Bankitalia, XV lezione Paolo Baffi su credito, ricavi e capitale umano
Roma, 23 nov. (askanews) – Le dinamiche di erogazione del credito alle imprese non finanziarie, i sistemi (ma anche le insidie) con cui creditori e debitori possono cercare di mettersi al riparo dalla volatilità dei mercati, e il ruolo del capitale umano nell’attività imprenditoriale sono stati i temi al centro della quindicesima Lezione Paolo Baffi, che si è svolta oggi alla Banca d’Italia. Con il titolo “Orizzonti del Credito” è stata affidata quest’anno a Nobuhiro Kiyotaki, economista che insegna alla Princeton University.


Nei suoi studi, Kiyotaki ha approfondito il legame tra settore finanziario ed economia reale e, in particolare, ha mostrato in come le imperfezioni del mercato finanziario possano amplificare l’andamento del ciclo economico e gli effetti negativi di una crisi.



Aprendo la sua lezione, ha citato nuove evidenze, tratte da uno studio di Lian e Ma (2021) su dati statunitensi, secondo cui i prestiti delle imprese non finanziarie sono prevalentemente concessi a fronte dei ricavi degli anni immediatamente successivi, mentre un peso minore hanno i prestiti presi fornendo a garanzia le attività d’azienda.


Kiyotaki, spiegano fonti presenti alla lezione, ha poi presentato una nuova teoria che spiega il fenomeno legandolo al diverso orizzonte temporale di imprese e finanziatori esterni. Da un lato l’imprenditore, che fornisce il capitale umano su cui si fonda l’attività dell’impresa, ha una prospettiva più di lungo periodo e collegata al ciclo dell’investimento, dall’altro lato i finanziatori, siano essi azionisti o creditori, interessati in ogni caso ai rendimenti di breve-medio periodo.



In questo quadro, l’impiego dei flussi di cassa a garanzia del finanziamento (cashflow-based lending) protegge debitori e creditori dalla volatilità dei mercati nella valutazione delle attività d’impresa, ma al tempo stesso li espone a un altro tipo di rischio, quello che deriva da una riduzione temporanea e consistente del fatturato.

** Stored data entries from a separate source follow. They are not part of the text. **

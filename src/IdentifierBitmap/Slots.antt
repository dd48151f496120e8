-- ===== src/IdentifierBitmap/Slots.antt =====
-- The slots of an identifier bitmap: how many bits are set, and what the two loops of the search
-- find.
use rsplib.Base.{
  ℕ, zero, suc, ◌+◌, ◌*◌, ◌<◌, ◌≤◌, List, [], ◌∷◌, none, some, Bool, true, false, ◌≡◌, ◌⊎◌, inl,
  inr, refl, ◌∙◌, arith, tests, ◌%◌, ◌^◌, length, get_or, All, Bool-cases,
}
use rsplib.IdentifierBitmap.{all_set, first_slot, passed_bits, int_less}

abbrev pub count : List Bool → ℕ
count [] = 0
count (true ∷ bs) = suc (count bs)
count (false ∷ bs) = count bs

abbrev pub total : List (List Bool) → ℕ
total [] = 0
total (s ∷ ss) = count s + total ss

abbrev pub IsSlot : List Bool → Type 0
IsSlot s = length s ≡ 64

count-all_set : (s : List Bool) → all_set s ≡ true → count s ≡ length s
count-all_set [] h = refl
count-all_set (true ∷ bs) h = omega (arith, count-all_set bs h)
count-all_set (false ∷ bs) h = cc

-- What the first loop finds in slots of 64 bits.
abbrev pub Found : List (List Bool) → ℕ → List Bool → Type 0
Found ss i bits =
    (first_slot ss ≡ some (i, bits))
    × (i < length ss)
    × (get_or ss i [] ≡ bits)
    × (all_set bits ≡ false)
    × (64 * i + count bits ≤ total ss)
    × ((k : ℕ) → k < i → all_set (get_or ss k []) ≡ true)

earlier :
    (s : List Bool) (ss : List (List Bool)) (i : ℕ)
    → all_set s ≡ true
    → ((k : ℕ) → k < i → all_set (get_or ss k []) ≡ true)
    → (k : ℕ) → k < suc i
    → all_set (get_or (s ∷ ss) k []) ≡ true
earlier s ss i t h zero l = t
earlier s ss i t h (suc k) l = h k (omega arith)

pub first_slot-Found :
    (ss : List (List Bool))
    → All IsSlot ss
    → ((first_slot ss ≡ none) × (total ss ≡ 64 * length ss))
      ⊎ ((i : ℕ) × (bits : List Bool) × Found ss i bits)
unfolding first_slot
first_slot-Found [] h = inl (refl, refl)
first_slot-Found (s ∷ ss) h = elim (Bool-cases (all_set s)) [
  | inr f ↦ inr (0, s, (rw f refl, omega arith, refl, f, omega arith, λ k l. absurd (omega arith)))
  | inl t ↦
      let full : count s ≡ 64 = count-all_set s t ∙ h.0 in
      elim (first_slot-Found ss h.1) [
        | inl (q, n) ↦ inl (rw (t, first_slot, q) refl, omega arith)
        | inr (i, bits, (q, l, g, c, n, b)) ↦ inr (
          suc i,
          bits,
          (rw (t, first_slot, q) refl, omega arith, g, c, omega arith, earlier s ss i t b),
        )
      ]
]

pub int_less-small : (a b : ℕ) → a < b → b < 2 ^ 31 → int_less a b ≡ true
unfolding int_less
int_less-small a b l h =
    let x : (a + 2 ^ 31) % 2 ^ 32 ≡ a + 2 ^ 31 = omega arith in
    let y : (b + 2 ^ 31) % 2 ^ 32 ≡ b + 2 ^ 31 = omega arith in rw (x, y) (omega tests)

-- What the second loop passes: only bits that are set. It stops at one that is not, or at `entries`.
pub passed_bits-count : (entries id : ℕ) (bs : List Bool) → passed_bits entries id bs ≤ count bs
unfolding passed_bits
passed_bits-count entries id [] = omega arith
passed_bits-count entries id (true ∷ bs) =
    let rest = passed_bits-count entries ((id + 1) % 2 ^ 32) bs in ground arith
passed_bits-count entries id (false ∷ bs) = ground arith

pub passed_bits_set :
    (entries id : ℕ) (bs : List Bool) (k : ℕ)
    → k < passed_bits entries id bs
    → get_or bs k false ≡ true
unfolding passed_bits
passed_bits_set entries id [] k l = absurd (omega arith)
passed_bits_set entries id (true ∷ bs) zero l = refl
passed_bits_set entries id (true ∷ bs) (suc k) l =
    passed_bits_set entries ((id + 1) % 2 ^ 32) bs k (ground arith)
passed_bits_set entries id (false ∷ bs) k l = ground arith

pub passed_bits_clear :
    (entries id : ℕ) (bs : List Bool)
    → entries < 2 ^ 31
    → id + passed_bits entries id bs < entries
    → all_set bs ≡ false
    → (passed_bits entries id bs < length bs)
      × (get_or bs (passed_bits entries id bs) false ≡ false)
unfolding passed_bits
passed_bits_clear entries id [] small l h = cc
passed_bits_clear entries id (false ∷ bs) small l h = (ground arith, ground arith)
passed_bits_clear entries id (true ∷ bs) small l h =
    let t : int_less id entries ≡ true = int_less-small id entries (omega arith) small in
    let next : (id + 1) % 2 ^ 32 ≡ id + 1 = omega arith in
    let l' : id + suc (passed_bits entries ((id + 1) % 2 ^ 32) bs) < entries = ground arith in
    let rest = passed_bits_clear entries ((id + 1) % 2 ^ 32) bs small (omega arith) h in
    rw (t, passed_bits) ((let p = rest.0 in omega arith), rest.1)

Il modello proposto fornisce dunque una chiave di lettura originale sull’impatto di uno shock ai ricavi delle aziende: l’attenzione ai rendimenti nel breve termine può escludere le imprese dal mercato del credito, minandone la sopravvivenza e, nell’aggregato, ridurre l’attività economica.



E alla luce delle teorie esposte da Kiyotaki, le implicazioni della crisi pandemica, che non ha intaccato il capitale fisico ma ha ridotto drasticamente i ricavi in alcuni settori, appaiono ancor più preoccupanti. L’analisi ha confermato anche l’importanza del sostegno pubblico alle imprese durante la crisi, che contribuendo a preservare la loro capacità di creare reddito ha ridotto anche i possibili danni di lungo periodo della crisi.


Infine, Kiyotaki ha sottolineato il ruolo centrale del capitale umano nell’attività imprenditoriale, confermando altresì l’importanza di un’efficace politica di investimento nell’istruzione e nella ricerca per stimolare l’investimento e la crescita nel lungo periodo.